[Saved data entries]
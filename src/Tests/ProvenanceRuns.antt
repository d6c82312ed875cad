-- ===== src/Tests/ProvenanceRuns.antt =====
-- The lineage queries (src/modelguard/provenance/graph.py) on a log whose events form a cycle, and
-- events written to an empty log (src/modelguard/provenance/store.py, src/modelguard/audit/log.py).
use modelguard.Base.{
  String, ◌≡◌, ◌↔◌, refl, true, none, some, inr, List, [], ◌∷◌, Memᴰ, string_eq, contains,
}
use modelguard.Base.Result.{ok}
use modelguard.Audit.Chain.Reading.{EndsLine}
use modelguard.Audit.Chain.{
  ChainEntry, LogFile, written, nothing, completes, genesis_hash, read_all_entries, verify_chain,
  verify_entries,
}
use modelguard.Provenance.Models.{ProvenanceEvent, event_record, event_of_record}
use modelguard.JsonRecord.{annotated_text, get_member, find_member}
use modelguard.Audit.Records.{events_of, read_events}
use modelguard.Audit.Log.{
  AuditEvent, record_event, verify_log, audit_events, audit_events-record_event,
}
use modelguard.Tests.Samples.{digest_zero}
use modelguard.Provenance.Store.{all_events, record_provenance, all_events-record_provenance}
use modelguard.Provenance.Graph.{lineage, find_models_derived_from}
use modelguard.Provenance.Graph.Queries.{
  IsAncestry, IsDerived, lineage-IsAncestry, find_models_derived_from-IsDerived,
}

abbrev pub tuned : ProvenanceEvent
tuned = record {
  subject_id = "chat";
  relationship = "FINE_TUNED_FROM";
  object_id = "base";
  actor = "alice";
  evidence = "run 7";
  event_id = "e1";
  timestamp = "now";
}

abbrev pub back : ProvenanceEvent
back = record tuned {
  subject_id = "base";
  relationship = "DERIVED_FROM";
  object_id = "chat";
  event_id = "e2";
}

abbrev pub deployed : ProvenanceEvent
deployed = record tuned { relationship = "DEPLOYED_TO"; object_id = "prod/eu"; event_id = "e3" }

abbrev revoked_event : AuditEvent
revoked_event = record {
  event_type = "model.revoked";
  actor = "alice";
  subject = "chat@1";
  artifact_digest = none;
  result = "success";
  reason = some "leaked";
  correlation_id = "c1";
  timestamp = "now";
}

abbrev entry : ProvenanceEvent → ChainEntry
entry e = record {
  index = 0;
  entry_record = event_record e;
  record_hash = genesis_hash;
  prev_hash = genesis_hash;
}

abbrev pub store : LogFile
store = some (written (entry tuned) ∷ written (entry back) ∷ written (entry deployed) ∷ [], nothing)

pub store_events : all_events store ≡ ok (tuned ∷ back ∷ deployed ∷ [])
unfolding all_events events_of event_of_record event_record read_all_entries annotated_text
    get_member find_member string_eq
store_events = refl

lineage-IsAncestry_example :
    (result : List ProvenanceEvent) × (lineage store "chat" ≡ ok (some result))
    × ((e : ProvenanceEvent) → Memᴰ e result ↔ IsAncestry (tuned ∷ back ∷ deployed ∷ []) "chat" e)
lineage-IsAncestry_example =
    lineage-IsAncestry store "chat" (tuned ∷ back ∷ deployed ∷ []) store_events

find_models_derived_from-IsDerived_example :
    (derived : List String) × (find_models_derived_from store "base" ≡ ok (some derived))
    × ((x : String)
        → (contains derived x ≡ true) ↔ IsDerived (tuned ∷ back ∷ deployed ∷ []) "base" x)
find_models_derived_from-IsDerived_example =
    find_models_derived_from-IsDerived store "base" (tuned ∷ back ∷ deployed ∷ []) store_events

all_events-record_provenance_example :
    (log' : LogFile) × (record_provenance digest_zero completes none tuned ≡ (ok tuned, log'))
    × (all_events log' ≡ ok (tuned ∷ []))
    × (verify_chain digest_zero log' ≡ ok tt)
    × EndsLine log'
unfolding all_events events_of read_events verify_chain verify_entries read_all_entries
all_events-record_provenance_example =
    all_events-record_provenance digest_zero none tuned [] refl refl (inr refl) tt

audit_events-record_event_example :
    (e : ChainEntry) × (log' : LogFile) × (record_event digest_zero completes none revoked_event
      ≡ (ok e, log'))
    × (audit_events log' ≡ ok (revoked_event ∷ []))
    × (verify_log digest_zero log' ≡ ok tt)
    × EndsLine log'
unfolding audit_events events_of read_events verify_log verify_chain verify_entries read_all_entries
audit_events-record_event_example =
    audit_events-record_event digest_zero none revoked_event [] refl refl (inr refl) tt
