-- ===== src/Tests/IncidentRuns.antt =====
-- The query over the registry and the provenance events (src/modelguard/sdk.py): a revoked base model,
-- and a registry that refuses the name of an environment.

use modelguard.Base.{
  String, ◌≡◌, ◌↔◌, refl, none, some, List, [], ◌∷◌, Memᴰ, ◌==◌, string_eq, if◌then◌else◌,
}
use modelguard.Base.Result.{ok, err}
use modelguard.Exceptions.{Exception, invalid_identifier}
use modelguard.Registry.Models.{RevocationRecord}
use modelguard.Provenance.Models.{ProvenanceEvent}
use modelguard.Sdk.Incidents.{Registry, find_flagged}
use modelguard.Sdk.Incidents.Flagged.{
  Answers, IsTainted, find_flagged-IsTainted, find_flagged_refused,
}
use modelguard.Tests.ProvenanceRuns.{tuned, back, deployed, store, store_events}

abbrev revocation : RevocationRecord
revocation = record {
  model_id = "base";
  version = "1";
  revoked_by = "alice";
  reason = "leaked";
  revoked_at = "now";
}

abbrev registry : Registry
registry = record {
  list_versions = λ x. ok (if x == "base" then "1" ∷ [] else []);
  is_revoked = λ x v. ok (if x == "base" then some revocation else none);
}

abbrev strict : Registry
strict = record registry {
  list_versions = λ x.
      if x == "prod/eu"
      then err (invalid_identifier "identifier" x "must not contain path separators")
      else registry.list_versions x;
}

registry-Answers : (x : String) → Answers registry x
registry-Answers x = (_, refl, λ v m. (_, refl))

find_flagged-IsTainted_example :
    (flagged : List ProvenanceEvent) × (find_flagged registry store ≡ ok (some flagged))
    × ((e : ProvenanceEvent)
        → Memᴰ e flagged ↔ (
            Memᴰ e (tuned ∷ back ∷ deployed ∷ [])
            × (e.relationship ≡ "DEPLOYED_TO")
            × IsTainted registry (tuned ∷ back ∷ deployed ∷ []) e.subject_id))
find_flagged-IsTainted_example =
    find_flagged-IsTainted registry store (tuned ∷ back ∷ deployed ∷ []) store_events
      (λ x _. registry-Answers x)

find_flagged_refused_example : (other : Exception) × (find_flagged strict store ≡ err other)
unfolding string_eq
find_flagged_refused_example =
    find_flagged_refused strict store (tuned ∷ back ∷ deployed ∷ []) deployed
      (invalid_identifier "identifier" "prod/eu" "must not contain path separators") store_events
      (Memᴰ.tail (Memᴰ.tail (Memᴰ.head refl))) refl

> _Exercise aim_: For the records above, how many lines contain the word "written"? Reply with the number only.

> _Answer for this exercise_: 3